◆ Task description ◆
Using the listing below, set down exactly the lines starting at the line that contains "(a.assigned_by ≡ rule)" and ending at the line that contains "valid_rule_blank_example : (valid_rule", both included, and no others.

◆ Task material ◆
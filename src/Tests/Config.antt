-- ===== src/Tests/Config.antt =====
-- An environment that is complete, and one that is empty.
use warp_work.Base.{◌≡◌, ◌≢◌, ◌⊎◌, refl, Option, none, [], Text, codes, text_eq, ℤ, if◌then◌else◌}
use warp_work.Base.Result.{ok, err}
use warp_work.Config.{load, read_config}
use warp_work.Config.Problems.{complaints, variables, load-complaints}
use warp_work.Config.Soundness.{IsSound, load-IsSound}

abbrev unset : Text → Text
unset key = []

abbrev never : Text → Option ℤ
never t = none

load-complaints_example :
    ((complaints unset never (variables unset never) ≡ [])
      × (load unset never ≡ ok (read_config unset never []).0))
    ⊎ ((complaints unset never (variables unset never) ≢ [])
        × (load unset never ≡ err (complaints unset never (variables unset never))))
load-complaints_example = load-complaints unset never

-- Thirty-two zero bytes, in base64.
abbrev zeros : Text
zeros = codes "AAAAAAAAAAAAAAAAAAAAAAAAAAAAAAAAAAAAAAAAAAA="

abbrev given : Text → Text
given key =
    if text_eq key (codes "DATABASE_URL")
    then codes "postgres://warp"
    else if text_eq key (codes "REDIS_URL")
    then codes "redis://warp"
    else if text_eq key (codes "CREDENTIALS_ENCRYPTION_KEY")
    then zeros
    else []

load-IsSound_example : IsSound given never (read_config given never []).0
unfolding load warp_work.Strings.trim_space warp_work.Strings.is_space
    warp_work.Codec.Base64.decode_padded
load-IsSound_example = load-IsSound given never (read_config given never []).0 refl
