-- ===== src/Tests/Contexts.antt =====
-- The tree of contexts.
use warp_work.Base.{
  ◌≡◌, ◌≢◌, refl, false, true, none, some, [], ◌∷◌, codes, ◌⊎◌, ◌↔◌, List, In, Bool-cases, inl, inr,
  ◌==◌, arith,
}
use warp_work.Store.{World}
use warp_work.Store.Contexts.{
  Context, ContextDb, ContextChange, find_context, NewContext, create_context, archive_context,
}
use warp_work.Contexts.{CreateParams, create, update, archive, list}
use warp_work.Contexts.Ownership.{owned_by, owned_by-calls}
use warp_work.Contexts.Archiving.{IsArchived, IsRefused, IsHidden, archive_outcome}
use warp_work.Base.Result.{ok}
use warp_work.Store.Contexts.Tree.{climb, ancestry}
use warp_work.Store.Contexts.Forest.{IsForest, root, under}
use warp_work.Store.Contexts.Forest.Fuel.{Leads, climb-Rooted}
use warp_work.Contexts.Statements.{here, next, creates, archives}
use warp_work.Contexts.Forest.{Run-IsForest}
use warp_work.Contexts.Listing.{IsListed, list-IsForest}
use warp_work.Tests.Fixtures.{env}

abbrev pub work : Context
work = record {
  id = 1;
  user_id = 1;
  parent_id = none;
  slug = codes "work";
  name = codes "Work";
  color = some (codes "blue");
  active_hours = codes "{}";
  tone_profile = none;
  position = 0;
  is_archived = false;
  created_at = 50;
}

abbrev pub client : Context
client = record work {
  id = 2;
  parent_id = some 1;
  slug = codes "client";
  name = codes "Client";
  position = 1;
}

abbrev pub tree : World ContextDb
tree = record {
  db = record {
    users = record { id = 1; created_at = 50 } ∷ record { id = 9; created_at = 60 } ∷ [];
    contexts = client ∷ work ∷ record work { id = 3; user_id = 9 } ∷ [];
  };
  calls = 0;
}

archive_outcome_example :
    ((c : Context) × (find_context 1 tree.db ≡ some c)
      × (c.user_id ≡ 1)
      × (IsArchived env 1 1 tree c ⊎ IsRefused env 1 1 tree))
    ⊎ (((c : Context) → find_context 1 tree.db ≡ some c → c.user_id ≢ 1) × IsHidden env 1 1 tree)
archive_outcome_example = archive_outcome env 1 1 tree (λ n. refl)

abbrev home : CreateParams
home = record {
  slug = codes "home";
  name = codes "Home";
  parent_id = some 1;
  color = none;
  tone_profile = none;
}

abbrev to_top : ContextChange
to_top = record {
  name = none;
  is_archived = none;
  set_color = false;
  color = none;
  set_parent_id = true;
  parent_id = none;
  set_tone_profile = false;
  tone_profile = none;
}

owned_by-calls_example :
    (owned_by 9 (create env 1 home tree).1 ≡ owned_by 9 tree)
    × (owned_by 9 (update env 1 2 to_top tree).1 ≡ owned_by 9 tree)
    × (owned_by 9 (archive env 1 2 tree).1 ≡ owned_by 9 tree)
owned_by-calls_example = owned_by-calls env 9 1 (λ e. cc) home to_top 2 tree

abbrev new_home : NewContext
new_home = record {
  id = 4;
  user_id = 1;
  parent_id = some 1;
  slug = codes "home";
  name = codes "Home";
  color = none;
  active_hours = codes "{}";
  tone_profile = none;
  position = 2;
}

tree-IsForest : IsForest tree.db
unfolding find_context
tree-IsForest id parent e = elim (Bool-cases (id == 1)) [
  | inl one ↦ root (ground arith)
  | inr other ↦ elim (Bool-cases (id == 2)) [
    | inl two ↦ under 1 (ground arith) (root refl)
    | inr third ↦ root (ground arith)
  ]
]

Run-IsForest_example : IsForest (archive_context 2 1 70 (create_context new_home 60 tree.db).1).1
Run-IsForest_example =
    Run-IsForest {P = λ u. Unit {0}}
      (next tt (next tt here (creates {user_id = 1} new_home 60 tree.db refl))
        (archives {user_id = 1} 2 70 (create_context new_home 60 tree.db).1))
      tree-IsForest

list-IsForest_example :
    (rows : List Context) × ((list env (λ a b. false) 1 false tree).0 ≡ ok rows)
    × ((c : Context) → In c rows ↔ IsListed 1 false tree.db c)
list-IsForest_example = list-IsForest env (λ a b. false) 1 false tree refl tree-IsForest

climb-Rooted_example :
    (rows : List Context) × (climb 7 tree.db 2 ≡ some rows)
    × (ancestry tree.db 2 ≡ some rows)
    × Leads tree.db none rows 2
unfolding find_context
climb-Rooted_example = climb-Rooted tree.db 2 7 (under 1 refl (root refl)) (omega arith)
---
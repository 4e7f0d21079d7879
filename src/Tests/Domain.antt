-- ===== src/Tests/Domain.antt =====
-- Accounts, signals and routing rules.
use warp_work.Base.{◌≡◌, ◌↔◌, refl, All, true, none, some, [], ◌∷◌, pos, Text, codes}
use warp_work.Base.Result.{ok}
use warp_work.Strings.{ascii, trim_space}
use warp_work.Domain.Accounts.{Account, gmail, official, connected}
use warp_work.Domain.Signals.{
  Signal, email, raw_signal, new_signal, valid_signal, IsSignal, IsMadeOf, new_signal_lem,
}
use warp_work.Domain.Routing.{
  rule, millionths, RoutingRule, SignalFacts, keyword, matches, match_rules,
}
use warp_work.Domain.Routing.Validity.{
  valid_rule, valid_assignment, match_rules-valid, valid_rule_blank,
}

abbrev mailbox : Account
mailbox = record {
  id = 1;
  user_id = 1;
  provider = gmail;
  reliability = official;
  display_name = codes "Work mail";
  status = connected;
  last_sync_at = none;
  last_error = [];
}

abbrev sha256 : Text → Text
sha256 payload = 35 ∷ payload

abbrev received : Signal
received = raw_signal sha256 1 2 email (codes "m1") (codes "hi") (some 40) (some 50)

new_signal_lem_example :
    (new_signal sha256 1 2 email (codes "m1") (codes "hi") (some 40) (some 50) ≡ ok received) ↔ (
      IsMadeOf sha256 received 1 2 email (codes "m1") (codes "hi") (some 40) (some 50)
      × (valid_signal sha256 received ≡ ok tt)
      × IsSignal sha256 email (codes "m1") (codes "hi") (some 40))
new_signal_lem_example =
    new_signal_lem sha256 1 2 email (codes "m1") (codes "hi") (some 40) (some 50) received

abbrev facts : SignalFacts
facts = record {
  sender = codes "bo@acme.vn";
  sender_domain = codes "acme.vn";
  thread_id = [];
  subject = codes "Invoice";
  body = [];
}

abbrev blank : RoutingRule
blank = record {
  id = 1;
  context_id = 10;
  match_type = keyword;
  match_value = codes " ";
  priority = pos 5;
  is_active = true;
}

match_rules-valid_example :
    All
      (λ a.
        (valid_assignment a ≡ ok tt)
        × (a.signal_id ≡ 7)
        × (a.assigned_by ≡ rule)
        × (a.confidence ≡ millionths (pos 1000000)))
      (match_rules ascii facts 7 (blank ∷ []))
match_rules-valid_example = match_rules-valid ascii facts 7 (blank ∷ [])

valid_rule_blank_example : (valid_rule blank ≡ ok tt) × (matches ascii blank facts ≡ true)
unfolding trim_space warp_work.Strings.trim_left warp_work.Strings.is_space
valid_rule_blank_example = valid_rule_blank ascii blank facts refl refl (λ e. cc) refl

◆ Exercise response ◆
        × (a.assigned_by ≡ rule)
        × (a.confidence ≡ millionths (pos 1000000)))
      (match_rules ascii facts 7 (blank ∷ []))
match_rules-valid_example = match_rules-valid ascii facts 7 (blank ∷ [])

valid_rule_blank_example : (valid_rule blank ≡ ok tt) × (matches ascii blank facts ≡ true)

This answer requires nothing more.